Problem to work on: In the data below, one line contains "find-here : (k" and a later one contains "let rest : count". Print both, with every line between them, exactly and alone.

Records for the task:
+ + + + +

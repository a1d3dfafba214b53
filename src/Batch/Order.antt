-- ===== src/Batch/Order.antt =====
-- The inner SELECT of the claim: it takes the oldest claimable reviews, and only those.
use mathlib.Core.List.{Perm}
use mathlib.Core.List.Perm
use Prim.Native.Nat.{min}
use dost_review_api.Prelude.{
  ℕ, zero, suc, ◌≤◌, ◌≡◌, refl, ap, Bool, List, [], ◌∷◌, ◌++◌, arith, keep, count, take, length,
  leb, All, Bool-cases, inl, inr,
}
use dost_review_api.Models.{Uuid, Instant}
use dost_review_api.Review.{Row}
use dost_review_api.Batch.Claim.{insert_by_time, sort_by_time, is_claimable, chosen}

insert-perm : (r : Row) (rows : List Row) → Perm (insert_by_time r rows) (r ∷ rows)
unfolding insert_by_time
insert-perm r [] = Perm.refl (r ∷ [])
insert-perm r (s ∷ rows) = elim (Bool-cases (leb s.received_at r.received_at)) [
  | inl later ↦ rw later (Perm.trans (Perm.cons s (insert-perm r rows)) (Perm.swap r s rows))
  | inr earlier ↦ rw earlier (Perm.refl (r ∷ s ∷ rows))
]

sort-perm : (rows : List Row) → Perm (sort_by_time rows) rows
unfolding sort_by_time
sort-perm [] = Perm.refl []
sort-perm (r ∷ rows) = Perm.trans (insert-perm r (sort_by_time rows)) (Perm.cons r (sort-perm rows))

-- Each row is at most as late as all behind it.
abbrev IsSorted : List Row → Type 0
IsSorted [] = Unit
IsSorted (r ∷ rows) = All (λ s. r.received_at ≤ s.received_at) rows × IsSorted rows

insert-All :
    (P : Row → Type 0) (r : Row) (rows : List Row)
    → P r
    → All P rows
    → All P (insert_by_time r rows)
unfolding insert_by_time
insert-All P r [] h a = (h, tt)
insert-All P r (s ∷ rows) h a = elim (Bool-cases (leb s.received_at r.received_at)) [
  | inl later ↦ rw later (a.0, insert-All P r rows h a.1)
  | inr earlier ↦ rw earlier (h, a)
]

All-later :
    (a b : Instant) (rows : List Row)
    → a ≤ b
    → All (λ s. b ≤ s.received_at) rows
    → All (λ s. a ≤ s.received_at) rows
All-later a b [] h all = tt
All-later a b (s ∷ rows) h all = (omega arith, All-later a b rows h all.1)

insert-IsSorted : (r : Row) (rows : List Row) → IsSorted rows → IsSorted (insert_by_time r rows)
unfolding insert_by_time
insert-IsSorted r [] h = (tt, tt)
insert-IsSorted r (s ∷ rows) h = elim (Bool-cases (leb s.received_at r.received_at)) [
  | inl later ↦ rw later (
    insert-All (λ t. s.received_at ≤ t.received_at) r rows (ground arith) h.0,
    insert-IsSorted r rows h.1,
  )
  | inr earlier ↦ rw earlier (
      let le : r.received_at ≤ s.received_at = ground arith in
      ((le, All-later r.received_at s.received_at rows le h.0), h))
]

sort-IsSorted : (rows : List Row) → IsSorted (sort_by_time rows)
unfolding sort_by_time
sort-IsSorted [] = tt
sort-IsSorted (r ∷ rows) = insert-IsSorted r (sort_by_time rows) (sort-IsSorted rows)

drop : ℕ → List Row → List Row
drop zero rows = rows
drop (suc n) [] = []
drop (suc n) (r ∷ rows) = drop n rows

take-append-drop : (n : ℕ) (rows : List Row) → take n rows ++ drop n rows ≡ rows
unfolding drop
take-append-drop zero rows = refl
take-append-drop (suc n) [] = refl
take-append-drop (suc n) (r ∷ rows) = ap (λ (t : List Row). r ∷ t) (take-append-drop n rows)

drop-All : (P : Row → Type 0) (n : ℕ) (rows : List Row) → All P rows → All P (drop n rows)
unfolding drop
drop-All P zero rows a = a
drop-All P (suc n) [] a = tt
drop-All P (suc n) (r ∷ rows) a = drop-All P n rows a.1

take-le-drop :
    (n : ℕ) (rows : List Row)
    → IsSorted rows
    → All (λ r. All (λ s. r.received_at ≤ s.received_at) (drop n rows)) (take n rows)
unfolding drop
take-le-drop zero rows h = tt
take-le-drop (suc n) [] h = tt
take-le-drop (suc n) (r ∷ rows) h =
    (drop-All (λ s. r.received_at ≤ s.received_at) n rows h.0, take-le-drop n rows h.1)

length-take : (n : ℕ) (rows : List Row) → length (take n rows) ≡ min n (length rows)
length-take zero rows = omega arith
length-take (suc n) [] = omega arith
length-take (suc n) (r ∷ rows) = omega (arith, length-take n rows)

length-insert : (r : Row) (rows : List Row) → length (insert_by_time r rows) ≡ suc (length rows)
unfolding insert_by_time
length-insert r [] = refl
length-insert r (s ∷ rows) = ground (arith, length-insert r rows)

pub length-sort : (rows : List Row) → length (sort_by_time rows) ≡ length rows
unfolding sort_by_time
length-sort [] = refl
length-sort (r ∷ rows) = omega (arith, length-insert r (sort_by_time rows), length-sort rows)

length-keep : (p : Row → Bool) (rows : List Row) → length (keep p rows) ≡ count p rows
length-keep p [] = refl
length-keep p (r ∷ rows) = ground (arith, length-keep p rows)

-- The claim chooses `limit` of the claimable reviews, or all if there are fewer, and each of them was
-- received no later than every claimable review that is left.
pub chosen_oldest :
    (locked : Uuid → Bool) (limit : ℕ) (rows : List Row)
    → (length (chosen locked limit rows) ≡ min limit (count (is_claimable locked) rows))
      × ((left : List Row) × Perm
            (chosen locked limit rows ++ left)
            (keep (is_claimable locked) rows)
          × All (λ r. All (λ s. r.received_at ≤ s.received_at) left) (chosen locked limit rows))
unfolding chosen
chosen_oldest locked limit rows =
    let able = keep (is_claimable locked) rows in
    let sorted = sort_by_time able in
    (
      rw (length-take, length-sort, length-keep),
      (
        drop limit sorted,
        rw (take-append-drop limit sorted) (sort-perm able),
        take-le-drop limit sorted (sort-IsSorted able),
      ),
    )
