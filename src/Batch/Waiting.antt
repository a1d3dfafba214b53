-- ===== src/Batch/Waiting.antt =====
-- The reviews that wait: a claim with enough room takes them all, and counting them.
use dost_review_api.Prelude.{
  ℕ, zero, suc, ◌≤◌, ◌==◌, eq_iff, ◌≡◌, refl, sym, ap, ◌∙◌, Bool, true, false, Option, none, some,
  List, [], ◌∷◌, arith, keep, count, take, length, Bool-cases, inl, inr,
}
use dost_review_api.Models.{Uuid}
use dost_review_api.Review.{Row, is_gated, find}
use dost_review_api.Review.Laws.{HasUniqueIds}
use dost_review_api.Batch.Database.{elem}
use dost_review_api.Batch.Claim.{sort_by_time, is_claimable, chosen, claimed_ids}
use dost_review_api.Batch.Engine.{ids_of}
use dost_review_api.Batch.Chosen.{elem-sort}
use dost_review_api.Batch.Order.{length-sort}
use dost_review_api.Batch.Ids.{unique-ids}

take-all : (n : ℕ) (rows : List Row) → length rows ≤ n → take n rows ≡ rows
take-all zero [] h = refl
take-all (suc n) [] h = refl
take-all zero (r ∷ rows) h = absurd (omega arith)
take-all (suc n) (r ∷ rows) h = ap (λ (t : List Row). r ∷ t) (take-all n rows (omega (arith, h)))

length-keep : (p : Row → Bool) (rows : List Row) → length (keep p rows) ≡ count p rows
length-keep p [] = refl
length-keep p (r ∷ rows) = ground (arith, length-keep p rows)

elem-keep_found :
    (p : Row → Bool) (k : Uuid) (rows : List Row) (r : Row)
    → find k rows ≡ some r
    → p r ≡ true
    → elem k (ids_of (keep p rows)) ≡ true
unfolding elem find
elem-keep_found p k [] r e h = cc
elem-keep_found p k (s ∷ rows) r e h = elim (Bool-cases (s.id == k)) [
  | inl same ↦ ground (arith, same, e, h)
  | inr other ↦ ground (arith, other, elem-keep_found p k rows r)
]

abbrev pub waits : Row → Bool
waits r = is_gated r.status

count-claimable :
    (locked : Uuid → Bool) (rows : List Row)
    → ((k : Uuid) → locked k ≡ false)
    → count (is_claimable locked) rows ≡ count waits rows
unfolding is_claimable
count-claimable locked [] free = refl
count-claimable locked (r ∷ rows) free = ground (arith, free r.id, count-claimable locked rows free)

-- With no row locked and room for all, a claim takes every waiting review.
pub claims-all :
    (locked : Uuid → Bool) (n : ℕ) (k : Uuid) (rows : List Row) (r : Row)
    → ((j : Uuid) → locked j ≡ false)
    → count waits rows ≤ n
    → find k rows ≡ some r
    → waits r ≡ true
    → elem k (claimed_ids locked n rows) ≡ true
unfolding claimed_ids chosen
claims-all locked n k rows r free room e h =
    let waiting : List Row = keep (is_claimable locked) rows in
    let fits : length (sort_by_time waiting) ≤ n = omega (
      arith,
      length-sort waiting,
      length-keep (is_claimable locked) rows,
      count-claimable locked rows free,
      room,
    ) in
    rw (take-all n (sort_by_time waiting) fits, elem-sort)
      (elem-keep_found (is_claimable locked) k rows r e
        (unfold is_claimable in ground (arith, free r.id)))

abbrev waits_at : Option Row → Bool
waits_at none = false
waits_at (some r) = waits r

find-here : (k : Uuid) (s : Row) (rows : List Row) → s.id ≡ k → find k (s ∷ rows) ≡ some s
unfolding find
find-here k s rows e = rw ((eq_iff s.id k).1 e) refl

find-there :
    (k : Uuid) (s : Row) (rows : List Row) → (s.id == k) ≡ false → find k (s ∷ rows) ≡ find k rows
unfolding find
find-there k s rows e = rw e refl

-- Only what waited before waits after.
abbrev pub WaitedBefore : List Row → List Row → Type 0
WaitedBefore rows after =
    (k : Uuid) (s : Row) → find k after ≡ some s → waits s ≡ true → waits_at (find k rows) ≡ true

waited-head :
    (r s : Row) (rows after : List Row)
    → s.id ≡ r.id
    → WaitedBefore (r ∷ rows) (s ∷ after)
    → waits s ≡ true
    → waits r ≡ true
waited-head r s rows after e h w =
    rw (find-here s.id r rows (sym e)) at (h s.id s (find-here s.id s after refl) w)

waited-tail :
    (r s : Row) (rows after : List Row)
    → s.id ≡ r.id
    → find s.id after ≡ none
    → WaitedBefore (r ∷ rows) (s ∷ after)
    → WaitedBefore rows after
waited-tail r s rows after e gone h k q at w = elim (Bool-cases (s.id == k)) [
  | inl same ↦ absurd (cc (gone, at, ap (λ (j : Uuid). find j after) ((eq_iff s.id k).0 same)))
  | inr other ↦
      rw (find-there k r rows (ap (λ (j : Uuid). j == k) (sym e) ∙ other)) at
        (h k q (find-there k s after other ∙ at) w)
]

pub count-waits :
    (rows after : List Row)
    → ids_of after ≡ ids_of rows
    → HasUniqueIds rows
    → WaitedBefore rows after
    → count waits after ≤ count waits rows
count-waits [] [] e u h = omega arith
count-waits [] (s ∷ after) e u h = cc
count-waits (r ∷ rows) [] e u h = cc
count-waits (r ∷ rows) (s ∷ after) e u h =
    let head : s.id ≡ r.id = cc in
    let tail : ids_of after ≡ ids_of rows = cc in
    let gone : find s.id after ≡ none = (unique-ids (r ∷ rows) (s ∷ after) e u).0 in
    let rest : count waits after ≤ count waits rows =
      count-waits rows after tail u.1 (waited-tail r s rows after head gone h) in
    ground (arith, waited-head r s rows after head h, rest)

+ + + + +

Reply to the exercise:
find-here : (k : Uuid) (s : Row) (rows : List Row) → s.id ≡ k → find k (s ∷ rows) ≡ some s
unfolding find
find-here k s rows e = rw ((eq_iff s.id k).1 e) refl

find-there :
    (k : Uuid) (s : Row) (rows : List Row) → (s.id == k) ≡ false → find k (s ∷ rows) ≡ find k rows
unfolding find
find-there k s rows e = rw e refl

-- Only what waited before waits after.
abbrev pub WaitedBefore : List Row → List Row → Type 0
WaitedBefore rows after =
    (k : Uuid) (s : Row) → find k after ≡ some s → waits s ≡ true → waits_at (find k rows) ≡ true

waited-head :
    (r s : Row) (rows after : List Row)
    → s.id ≡ r.id
    → WaitedBefore (r ∷ rows) (s ∷ after)
    → waits s ≡ true
    → waits r ≡ true
waited-head r s rows after e h w =
    rw (find-here s.id r rows (sym e)) at (h s.id s (find-here s.id s after refl) w)

waited-tail :
    (r s : Row) (rows after : List Row)
    → s.id ≡ r.id
    → find s.id after ≡ none
    → WaitedBefore (r ∷ rows) (s ∷ after)
    → WaitedBefore rows after
waited-tail r s rows after e gone h k q at w = elim (Bool-cases (s.id == k)) [
  | inl same ↦ absurd (cc (gone, at, ap (λ (j : Uuid). find j after) ((eq_iff s.id k).0 same)))
  | inr other ↦
      rw (find-there k r rows (ap (λ (j : Uuid). j == k) (sym e) ∙ other)) at
        (h k q (find-there k s after other ∙ at) w)
]

pub count-waits :
    (rows after : List Row)
    → ids_of after ≡ ids_of rows
    → HasUniqueIds rows
    → WaitedBefore rows after
    → count waits after ≤ count waits rows
count-waits [] [] e u h = omega arith
count-waits [] (s ∷ after) e u h = cc
count-waits (r ∷ rows) [] e u h = cc
count-waits (r ∷ rows) (s ∷ after) e u h =
    let head : s.id ≡ r.id = cc in
    let tail : ids_of after ≡ ids_of rows = cc in
    let gone : find s.id after ≡ none = (unique-ids (r ∷ rows) (s ∷ after) e u).0 in
    let rest : count waits after ≤ count waits rows =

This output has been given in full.